When and how, Billy, did you become a strategic thinker, a military analyst, it wasn’t in Vietnam where, I’m sure, like so many other young men of your generation, you were offered an opportunity to serve, it wasn’t in any area of military service was it, no, like Cheney and Wolfowitz you had other priorities.
Oh yeah, they once called you Dan Quayle’s brain, didn’t they? I think I’d try to get that off the resume.
Let me remind you that by mid to late 2008 we will have thrown away the lives of an additional thousand or more young American troops and sent another 8000 or so to enjoy the tender mercies of an underfunded veteran’s health care system. How many more innocent Iraqis will be killed if we listen to you. Oh, that’s right, no one’s counting Iraqi casualties are they? Why start now?
You are so smugly certain with your pronouncements. To the uninitiated, your words, accompanied by the self satisfied grin, have a veneer of respectability and authority, but, to many of us who have been on the receiving end of what you call “American foreign policy” they are just more self serving, chicken hawk, patrician prattle.

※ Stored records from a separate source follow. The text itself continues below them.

-- ===== src/Deployment/Recording/Writes.antt =====
-- The write of an outcome is the write of its one condition by the common status writer.
use environments.Common.{ℕ, Option, none, some, List, []}

-- no result writes no bytes
abbrev pub content : Option (List ℕ) → List ℕ
content none = []
content (some bytes) = bytes
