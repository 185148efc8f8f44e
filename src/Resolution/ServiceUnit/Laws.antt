-- ===== src/Resolution/ServiceUnit/Laws.antt =====
-- What a resolved ServiceUnit says of its contract.
use environments.Common.{
  ℕ, String, ◌≡◌, refl, sym, ◌≢◌, arith, eq_iff, ◌⊎◌, inl, inr, Bool-cases, Option, none, some,
  Option-cases, List, Result, ok, labelled, labelled-ok, bind-ok, ok-injective, subst,
}
use environments.Json.{Json, str, num, Fields, lookup, obj, as_map, must_string, optional_string}
use environments.Json.Laws.{
  Holds, must_string-Holds, as_map-obj, Reads, ReadsNumber, optional_string-Reads,
}
use environments.Resolution.Contract.Laws.{ComesFrom, decode_then-ok}
use environments.Resolution.ServiceUnit.{
  UnitTypeEnum, Int32Of, int32_value, optional_int32, ResolvedBuildRef, ResolvedRouteRef,
  ResolvedServiceUnitSpec, ResolvedServiceUnit, Source, build_ref_of, route_ref_of,
  resolve_service_unit_type, resolve_source, resolve_service_unit_spec, resolve_service_unit,
}

module _ {Float64 : Type 0} where
  -- The image is declared by a static unit, and by no other.
  pub record IsBuildSource (m : Fields Float64) (image : String)
      (build_ref : Option ResolvedBuildRef) : Type 0 where
    pub no_image : image ≡ ""
    pub reference : Fields Float64
    pub found : lookup "buildRef" m ≡ some (obj reference)
    pub build : ResolvedBuildRef
    pub referenced : build_ref ≡ some build
    pub named : Holds reference "name" build.name
    pub namespace : Reads reference "namespace" build.namespace

  abbrev pub MatchesRoute : Fields Float64 → Option ResolvedRouteRef → Type 0
  MatchesRoute m none = as_map (lookup "route" m) ≡ none
  MatchesRoute m (some u) =
      (r : Fields Float64) × (lookup "route" m ≡ some (obj r)) × Holds r "name" u.name

  build_ref_of-IsBuildSource :
      (m : Fields Float64) (s : Source)
      → build_ref_of (as_map (lookup "buildRef" m)) ≡ ok s
      → IsBuildSource m s.image s.build_ref
  unfolding build_ref_of
  build_ref_of-IsBuildSource m s h = elim (Option-cases (as_map (lookup "buildRef" m))) [
    | inl absent ↦ cc (rw (absent, build_ref_of) at h)
    | inr (r, there) ↦
        let (name, name_ok, h) =
          bind-ok (labelled "buildRef.name" (must_string r "name")) _
            (rw (there, build_ref_of) at h) in
        subst (λ (s : Source). IsBuildSource m s.image s.build_ref) (ok-injective h)
          (record {
            no_image = refl;
            reference = r;
            found = as_map-obj (lookup "buildRef" m) there;
            build = record { name = name; namespace = optional_string r "namespace" };
            referenced = refl;
            named = must_string-Holds r "name" (labelled-ok _ _ name_ok);
            namespace = optional_string-Reads r "namespace";
          })
  ]

  route_ref_of-MatchesRoute :
      (m : Fields Float64) (u : Option ResolvedRouteRef)
      → route_ref_of (as_map (lookup "route" m)) ≡ ok u
      → MatchesRoute m u
  unfolding route_ref_of
  route_ref_of-MatchesRoute m u h = elim (Option-cases (as_map (lookup "route" m))) [
    | inl absent ↦ subst (MatchesRoute m) (ok-injective (rw (absent, route_ref_of) at h)) absent
    | inr (r, there) ↦
        let (name, name_ok, h) =
          bind-ok (labelled "route.name" (must_string r "name")) _
            (rw (there, route_ref_of) at h) in
        subst (MatchesRoute m) (ok-injective h) (
          r,
          as_map-obj (lookup "route" m) there,
          must_string-Holds r "name" (labelled-ok _ _ name_ok),
        )
  ]

module _ {Float64 Enum : Type 0} (types : UnitTypeEnum Float64 Enum) where
  -- The type that a contract declares, by one of the two spellings of its name or by its number.
  abbrev pub DeclaresType : Option (Json Float64) → Enum → Type 0
  DeclaresType o unit_type =
      ((o ≡ some (str "static")) ⊎ (o ≡ some (str "STATIC"))) × (unit_type ≡ types.static)
      ⊎ ((o ≡ some (str "build")) ⊎ (o ≡ some (str "BUILD"))) × (unit_type ≡ types.build)
      ⊎ ((o ≡ some (str "supplychain")) ⊎ (o ≡ some (str "SUPPLYCHAIN")))
        × (unit_type ≡ types.supplychain)
      ⊎ ((v : Float64) × (o ≡ some (num v)) × (unit_type ≡ types.of_float64 v))

  resolve_service_unit_type-DeclaresType :
      (o : Option (Json Float64)) (unit_type : Enum)
      → resolve_service_unit_type types o ≡ ok unit_type
      → DeclaresType o unit_type
  unfolding resolve_service_unit_type
  resolve_service_unit_type-DeclaresType (some (str v)) unit_type h = ground (
    arith,
    eq_iff v "static",
    eq_iff v "STATIC",
    eq_iff v "build",
    eq_iff v "BUILD",
    eq_iff v "supplychain",
    eq_iff v "SUPPLYCHAIN",
  )
  resolve_service_unit_type-DeclaresType (some (num v)) unit_type h =
      inr (inr (inr (v, refl, sym (ok-injective h))))
  resolve_service_unit_type-DeclaresType _ unit_type h = cc

  -- What each type of unit brings: an image that the contract declares, a reference to a Build and
  -- no image, or neither.
  abbrev pub Brings : Fields Float64 → Enum → String → Option ResolvedBuildRef → Type 0
  Brings m unit_type image build_ref =
      ((unit_type ≡ types.static) × Holds m "image" image × (build_ref ≡ none))
      ⊎ ((unit_type ≡ types.build) × IsBuildSource m image build_ref)
      ⊎ ((unit_type ≡ types.supplychain) × (image ≡ "") × (build_ref ≡ none))

  resolve_source-Brings :
      (unit_type : Enum) (m : Fields Float64) (s : Source)
      → resolve_source types unit_type m ≡ ok s
      → Brings m unit_type s.image s.build_ref
  unfolding resolve_source
  resolve_source-Brings unit_type m s h = elim (Bool-cases (types.same unit_type types.static)) [
    | inl same ↦
        let (image, image_ok, h) =
          bind-ok (labelled "image" (must_string m "image")) _ (rw same at h) in
        subst (λ (s : Source). Brings m unit_type s.image s.build_ref) (ok-injective h)
          (inl (
            (types.same_iff _ _).0 same,
            must_string-Holds m "image" (labelled-ok _ _ image_ok),
            refl,
          ))
    | inr other ↦ elim (Bool-cases (types.same unit_type types.build)) [
      | inl same ↦ inr (
          inl ((types.same_iff _ _).0 same, build_ref_of-IsBuildSource m s (rw (other, same) at h)))
      | inr neither ↦ elim (Bool-cases (types.same unit_type types.supplychain)) [
        | inl same ↦
            subst (λ (s : Source). Brings m unit_type s.image s.build_ref)
              (ok-injective (rw (other, neither, same) at h))
              (inr (inr ((types.same_iff _ _).0 same, refl, refl)))
        | inr unknown ↦ cc (rw (other, neither, unknown) at h)
      ]
    ]
  ]

module _ {Float64 Enum Int32 : Type 0} (types : UnitTypeEnum Float64 Enum)
    (ints : Int32Of Float64 Int32) where
  int32_cases :
      (o : Option (Json Float64))
      → ((v : Float64) × (o ≡ some (num v)) × (int32_value ints o ≡ ints.of_float64 v))
        ⊎ ((int32_value ints o ≡ ints.zero32) × ((v : Float64) → o ≢ some (num v)))
  unfolding int32_value
  int32_cases (some (num v)) = inl (v, refl, refl)
  int32_cases none = inr (refl, λ v h. cc)
  int32_cases _ = inr (refl, λ v h. cc)

  optional_int32-ReadsNumber :
      (m : Fields Float64) (key : String)
      → ReadsNumber ints.of_float64 ints.zero32 m key (optional_int32 ints m key)
  unfolding optional_int32
  optional_int32-ReadsNumber m key = int32_cases (lookup key m)

  pub record IsUnitOf (m : Fields Float64) (s : ResolvedServiceUnitSpec Enum Int32) : Type 0 where
    pub source : Brings types m s.unit_type s.image s.build_ref
    pub declared : DeclaresType types (lookup "type" m) s.unit_type
    pub route : MatchesRoute m s.route_ref
    pub port : ReadsNumber ints.of_float64 ints.zero32 m "containerPort" s.container_port
    pub size : ReadsNumber ints.of_float64 ints.zero32 m "size" s.size
    pub app_type : Reads m "appType" s.app_type
    pub stack_type : Reads m "stackType" s.stack_type
    pub no_pull_secret : s.image_pull_secret ≡ ""

  pub resolve_service_unit_spec-IsUnitOf :
      (m : Fields Float64) (s : ResolvedServiceUnitSpec Enum Int32)
      → resolve_service_unit_spec types ints m ≡ ok s
      → IsUnitOf m s
  unfolding resolve_service_unit_spec
  resolve_service_unit_spec-IsUnitOf m s h =
      let (unit_type, type_ok, h) =
        bind-ok (resolve_service_unit_type types (lookup "type" m)) _ h in
      let (source, source_ok, h) = bind-ok (resolve_source types unit_type m) _ h in
      let (route, route_ok, h) = bind-ok (route_ref_of (as_map (lookup "route" m))) _ h in
      subst (IsUnitOf m) (ok-injective h) (record {
        source = resolve_source-Brings types unit_type m source source_ok;
        declared = resolve_service_unit_type-DeclaresType types (lookup "type" m) unit_type type_ok;
        port = optional_int32-ReadsNumber m "containerPort";
        size = optional_int32-ReadsNumber m "size";
        app_type = optional_string-Reads m "appType";
        stack_type = optional_string-Reads m "stackType";
        route = route_ref_of-MatchesRoute m route route_ok;
        no_pull_secret = refl;
      })

  abbrev paired :
      {Object : Type 0}
      → Object
      → ResolvedServiceUnitSpec Enum Int32
      → ResolvedServiceUnit Object Enum Int32
  paired o s = record { service_unit = o; spec = some s }

  module _ {Object : Type 0} (raw : Object → List ℕ)
      (unmarshal : List ℕ → Result (Fields Float64)) where
    -- A resolved ServiceUnit keeps the object that was given and has a spec: its type is the one
    -- that the contract names or numbers, its port and size are the contract's numbers or zero, its
    -- app and stack type the contract's texts or empty. Its source is the one of its type: the
    -- declared image of a static unit, the named Build of a build unit with no image, nothing for a
    -- supply-chain unit. A route is referenced exactly if an object stands there.
    pub resolve_service_unit-IsUnitOf :
        (o : Option Object) (r : ResolvedServiceUnit Object Enum Int32)
        → resolve_service_unit types ints raw unmarshal o ≡ ok r
        → (s : ResolvedServiceUnitSpec Enum Int32) × (r.spec ≡ some s)
          × ComesFrom raw unmarshal o r.service_unit (λ m. IsUnitOf m s)
    unfolding resolve_service_unit
    resolve_service_unit-IsUnitOf o r h =
        let (p, m, s, given, carries, spec_ok, same) =
          decode_then-ok raw unmarshal _ _ o (resolve_service_unit_spec types ints) paired h in
        subst
          (λ (r : ResolvedServiceUnit Object Enum Int32).
            (s : ResolvedServiceUnitSpec Enum Int32) × (r.spec ≡ some s)
            × ComesFrom raw unmarshal o r.service_unit (λ m. IsUnitOf m s))
          same (s, refl, (given, (m, carries, resolve_service_unit_spec-IsUnitOf m s spec_ok)))
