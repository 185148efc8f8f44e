-- ===== src/Intent/Units.antt =====
-- What a plan says of each unit, against the resolved ServiceUnit that it is made from.
use environments.Common.{
  String, ◌≡◌, refl, Option, none, some, List, [], ◌∷◌, ok, bind-ok, ok-injective, arith, subst,
  Result, err,
}
use environments.Resolution.ServiceUnit.{UnitTypeEnum, ResolvedServiceUnitSpec, ResolvedServiceUnit}
use environments.Intent.{
  ServiceUnitIntent, intent_of_spec, intent_of, resolve_service_unit_intent, named_unit,
  unit_intents,
}

pub named_unit-ok :
    {A : Type 0} (name : String) (r : Result A) {a : A} → named_unit name r ≡ ok a → r ≡ ok a
unfolding named_unit
named_unit-ok name (ok i) h = h
named_unit-ok name (err e) h = cc

-- The unit has the name, and the image, pull secret, port and size of the spec.
pub record KeepsSpec {Enum Int32 : Type 0} (name : String) (s : ResolvedServiceUnitSpec Enum Int32)
    (i : ServiceUnitIntent Int32) : Type 0 where
  pub same_name : i.name ≡ name
  pub image : i.image ≡ s.image
  pub image_pull_secret : i.image_pull_secret ≡ s.image_pull_secret
  pub port : i.port ≡ s.container_port
  pub size : i.size ≡ s.size

module _ {Float64 Enum Int32 : Type 0} (types : UnitTypeEnum Float64 Enum) where
  intent_of_spec-KeepsSpec :
      (name : String) (s : ResolvedServiceUnitSpec Enum Int32) (i : ServiceUnitIntent Int32)
      → intent_of_spec types name s ≡ ok i
      → KeepsSpec name s i
  unfolding intent_of_spec
  intent_of_spec-KeepsSpec name s i h = record {
    same_name = ground arith;
    image = ground arith;
    image_pull_secret = ground arith;
    port = ground arith;
    size = ground arith;
  }

module _ {Object Float64 Enum Int32 : Type 0} (types : UnitTypeEnum Float64 Enum)
    (name_of : Object → String) where
  -- Unit by unit, in order, the plan keeps the spec of the resolved ServiceUnit.
  abbrev pub KeepUnits :
      List (ResolvedServiceUnit Object Enum Int32) → List (ServiceUnitIntent Int32) → Type 0
  KeepUnits [] [] = Unit
  KeepUnits (su ∷ sus) (i ∷ is) =
      ((s : ResolvedServiceUnitSpec Enum Int32) × (su.spec ≡ some s)
        × KeepsSpec (name_of su.service_unit) s i)
      × KeepUnits sus is
  KeepUnits _ _ = ⊥

  intent_of-KeepsSpec :
      (o : Object) (s : Option (ResolvedServiceUnitSpec Enum Int32)) (i : ServiceUnitIntent Int32)
      → intent_of types name_of o s ≡ ok i
      → (spec : ResolvedServiceUnitSpec Enum Int32) × (s ≡ some spec) × KeepsSpec (name_of o) spec i
  unfolding intent_of
  intent_of-KeepsSpec o none i h = cc
  intent_of-KeepsSpec o (some s) i h = (s, refl, intent_of_spec-KeepsSpec types (name_of o) s i h)

  pub unit_intents-KeepUnits :
      (sus : List (ResolvedServiceUnit Object Enum Int32)) (is : List (ServiceUnitIntent Int32))
      → unit_intents types name_of sus ≡ ok is
      → KeepUnits sus is
  unfolding unit_intents resolve_service_unit_intent
  unit_intents-KeepUnits [] is h = subst (KeepUnits []) (ok-injective h) tt
  unit_intents-KeepUnits (su ∷ sus) is h =
      let (i, i_ok, h) =
        bind-ok
          (named_unit (name_of su.service_unit)
            (resolve_service_unit_intent types name_of (some su)))
          _ h in
      let (later, later_ok, h) = bind-ok (unit_intents types name_of sus) _ h in
      subst (KeepUnits (su ∷ sus)) (ok-injective h) (
        intent_of-KeepsSpec su.service_unit su.spec i (named_unit-ok _ _ i_ok),
        unit_intents-KeepUnits sus later later_ok,
      )
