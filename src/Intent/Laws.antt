-- ===== src/Intent/Laws.antt =====
-- Which units can be planned, and what a plan says.
use environments.Common.{
  String, ◌≡◌, refl, sym, ap, ◌≢◌, Option, none, some, List, [], ◌∷◌, map, ok, bind-ok,
  ok-injective, arith, eq_iff, subst, All,
}
use environments.Resolution.ServiceUnit.{
  UnitTypeEnum, Int32Of, ResolvedServiceUnitSpec, ResolvedServiceUnit,
}
use environments.Resolution.Deployment.{ResolvedDeployment, ResolvedManifestsRepo}
use environments.Intent.Units.{named_unit-ok, KeepUnits, unit_intents-KeepUnits}
use environments.Intent.{
  ServiceUnitIntent, DeploymentIntent, intent_of_spec, intent_of, resolve_service_unit_intent,
  named_unit, unit_intents, new_deployment_intent, build, intent_repo, ManifestsRepo, no_ref,
}

module _ {Float64 Enum Int32 : Type 0} (types : UnitTypeEnum Float64 Enum)
    (ints : Int32Of Float64 Int32) where
  abbrev planned : String → ResolvedServiceUnitSpec Enum Int32 → ServiceUnitIntent Int32
  planned name s = record {
    name = name;
    image = s.image;
    image_pull_secret = s.image_pull_secret;
    port = s.container_port;
    size = s.size;
  }

-- The repo of a plan has the contract's url, path and secret, and never its ref.
abbrev pub PlansRepo : Option ResolvedManifestsRepo → Option ManifestsRepo → Type 0
PlansRepo none none = Unit
PlansRepo (some r) (some q) =
    (q.url ≡ r.url) × (q.path ≡ r.path) × (q.clone_secret ≡ r.clone_secret) × (q.ref ≡ no_ref)
PlansRepo _ _ = ⊥

pub PlansRepo-none :
    (o : Option ResolvedManifestsRepo) (q : Option ManifestsRepo)
    → o ≡ none
    → PlansRepo o q
    → q ≡ none
PlansRepo-none none none h p = refl
PlansRepo-none none (some q) h p = absurd p
PlansRepo-none (some r) q h p = cc

pub intent_repo-PlansRepo : (o : Option ResolvedManifestsRepo) → PlansRepo o (intent_repo o)
unfolding intent_repo
intent_repo-PlansRepo none = tt
intent_repo-PlansRepo (some r) = (refl, refl, refl, refl)

module _ {Float64 Enum Int32 : Type 0} (types : UnitTypeEnum Float64 Enum) where
  intent_of_spec-name :
      (name : String) (s : ResolvedServiceUnitSpec Enum Int32) (i : ServiceUnitIntent Int32)
      → intent_of_spec types name s ≡ ok i
      → i.name ≡ name
  unfolding intent_of_spec
  intent_of_spec-name name s i h = ground arith

  intent_of_spec-image :
      (name : String) (s : ResolvedServiceUnitSpec Enum Int32) (i : ServiceUnitIntent Int32)
      → intent_of_spec types name s ≡ ok i
      → i.image ≢ ""
  unfolding intent_of_spec
  intent_of_spec-image name s i h e = ground (arith, eq_iff s.image "")

module _ {Object Float64 Enum Int32 : Type 0} (types : UnitTypeEnum Float64 Enum)
    (name_of namespace_of : Object → String) where
  resolve_service_unit_intent-name :
      (o : Object) (s : Option (ResolvedServiceUnitSpec Enum Int32)) (i : ServiceUnitIntent Int32)
      → intent_of types name_of o s ≡ ok i
      → i.name ≡ name_of o
  unfolding intent_of
  resolve_service_unit_intent-name o none i h = cc
  resolve_service_unit_intent-name o (some s) i h = intent_of_spec-name types (name_of o) s i h

  pub unit_intents-names :
      (sus : List (ResolvedServiceUnit Object Enum Int32)) (is : List (ServiceUnitIntent Int32))
      → unit_intents types name_of sus ≡ ok is
      → map (λ i. i.name) is ≡ map (λ su. name_of su.service_unit) sus
  unfolding unit_intents resolve_service_unit_intent
  unit_intents-names [] is h =
      ap (map (λ (i : ServiceUnitIntent Int32). i.name)) (sym (ok-injective h))
  unit_intents-names (su ∷ sus) is h =
      let (i, i_ok, h) =
        bind-ok
          (named_unit (name_of su.service_unit)
            (resolve_service_unit_intent types name_of (some su)))
          _ h in
      let (later, later_ok, h) = bind-ok (unit_intents types name_of sus) _ h in
      let here =
        resolve_service_unit_intent-name su.service_unit su.spec i (named_unit-ok _ _ i_ok) in
      subst
        (λ (is : List (ServiceUnitIntent Int32)).
          map (λ i. i.name) is ≡ name_of su.service_unit ∷ map (λ u. name_of u.service_unit) sus)
        (ok-injective h) (λ j. here j ∷ unit_intents-names sus later later_ok j)

  resolve_service_unit_intent-image :
      (o : Object) (s : Option (ResolvedServiceUnitSpec Enum Int32)) (i : ServiceUnitIntent Int32)
      → intent_of types name_of o s ≡ ok i
      → i.image ≢ ""
  unfolding intent_of
  resolve_service_unit_intent-image o none i h = cc
  resolve_service_unit_intent-image o (some s) i h = intent_of_spec-image types (name_of o) s i h

  unit_intents-images :
      (sus : List (ResolvedServiceUnit Object Enum Int32)) (is : List (ServiceUnitIntent Int32))
      → unit_intents types name_of sus ≡ ok is
      → All (λ u. u.image ≢ "") is
  unfolding unit_intents resolve_service_unit_intent
  unit_intents-images [] is h =
      subst (All (λ (u : ServiceUnitIntent Int32). u.image ≢ "")) (ok-injective h) tt
  unit_intents-images (su ∷ sus) is h =
      let (i, i_ok, h) =
        bind-ok
          (named_unit (name_of su.service_unit)
            (resolve_service_unit_intent types name_of (some su)))
          _ h in
      let (later, later_ok, h) = bind-ok (unit_intents types name_of sus) _ h in
      subst (All (λ (u : ServiceUnitIntent Int32). u.image ≢ "")) (ok-injective h) (
        resolve_service_unit_intent-image su.service_unit su.spec i (named_unit-ok _ _ i_ok),
        unit_intents-images sus later later_ok,
      )

  pub record IsPlanOf (depl : ResolvedDeployment Object)
      (sus : List (ResolvedServiceUnit Object Enum Int32)) (i : DeploymentIntent Int32)
      : Type 0 where
    pub name : i.name ≡ name_of depl.deployment
    pub namespace : i.namespace ≡ namespace_of depl.deployment
    pub runtime : i.runtime ≡ depl.spec.runtime
    pub strategy : i.strategy ≡ depl.spec.strategy
    pub mode : i.reconciliation_strategy ≡ depl.spec.reconciliation_strategy
    pub units : map (λ u. u.name) i.service_units ≡ map (λ su. name_of su.service_unit) sus
    pub kept : KeepUnits types name_of sus i.service_units
    pub images : All (λ u. u.image ≢ "") i.service_units
    pub repo : PlansRepo depl.spec.manifests_repo i.manifests_repo

  -- A plan keeps the Deployment's name, namespace, runtime, strategy and mode; it has one unit for
  -- each resolved ServiceUnit, in order and under its name, with that one's image, which is not
  -- empty, pull secret, port and size; and a repo exactly if one was resolved, with its url, path
  -- and secret, but with an empty ref.
  pub build-IsPlanOf :
      (depl : ResolvedDeployment Object) (sus : List (ResolvedServiceUnit Object Enum Int32))
      (i : DeploymentIntent Int32)
      → build name_of namespace_of types (some depl) sus ≡ ok i
      → IsPlanOf depl sus i
  unfolding build new_deployment_intent
  build-IsPlanOf depl sus i h =
      let (units, units_ok, h) = bind-ok (unit_intents types name_of sus) _ h in
      subst (IsPlanOf depl sus) (ok-injective h) (record {
        name = refl;
        namespace = refl;
        runtime = refl;
        strategy = refl;
        mode = refl;
        units = unit_intents-names sus units units_ok;
        kept = unit_intents-KeepUnits types name_of sus units units_ok;
        images = unit_intents-images sus units units_ok;
        repo = intent_repo-PlansRepo depl.spec.manifests_repo;
      })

Here’s one of your pronouncements of a few years back, at the beginning of the Iraq war, for which you beat your little drum so loudly, and so frequently, you said this:
“There’s been a certain amount of pop sociology in America … that the Shia can’t get along with the Sunni and the Shia in Iraq just want to establish some kind of Islamic fundamentalist regime. There’s almost no evidence of that at all. Iraq’s always been very secular.”
Oh? Really?
I hope that there is a special place in Hell for the Goebbels, the McNamaras, the strategic thinkers and systems analysts, all the accountants of carnage and human misery and I hope that you have the opportunity to join them.
But before that lovely and eternal event I would like to see you in uniform, and fallen, after many grueling months of terror and sadness, of heat and sleeplessness and extreme exertion, of living in filth, fallen, grievously wounded, frightened and alone, lying in a pool of your own blood and gore, your life ebbing before your eyes. I would like to see the look in your eyes as you realize that you are about to be the last American to die in Iraq.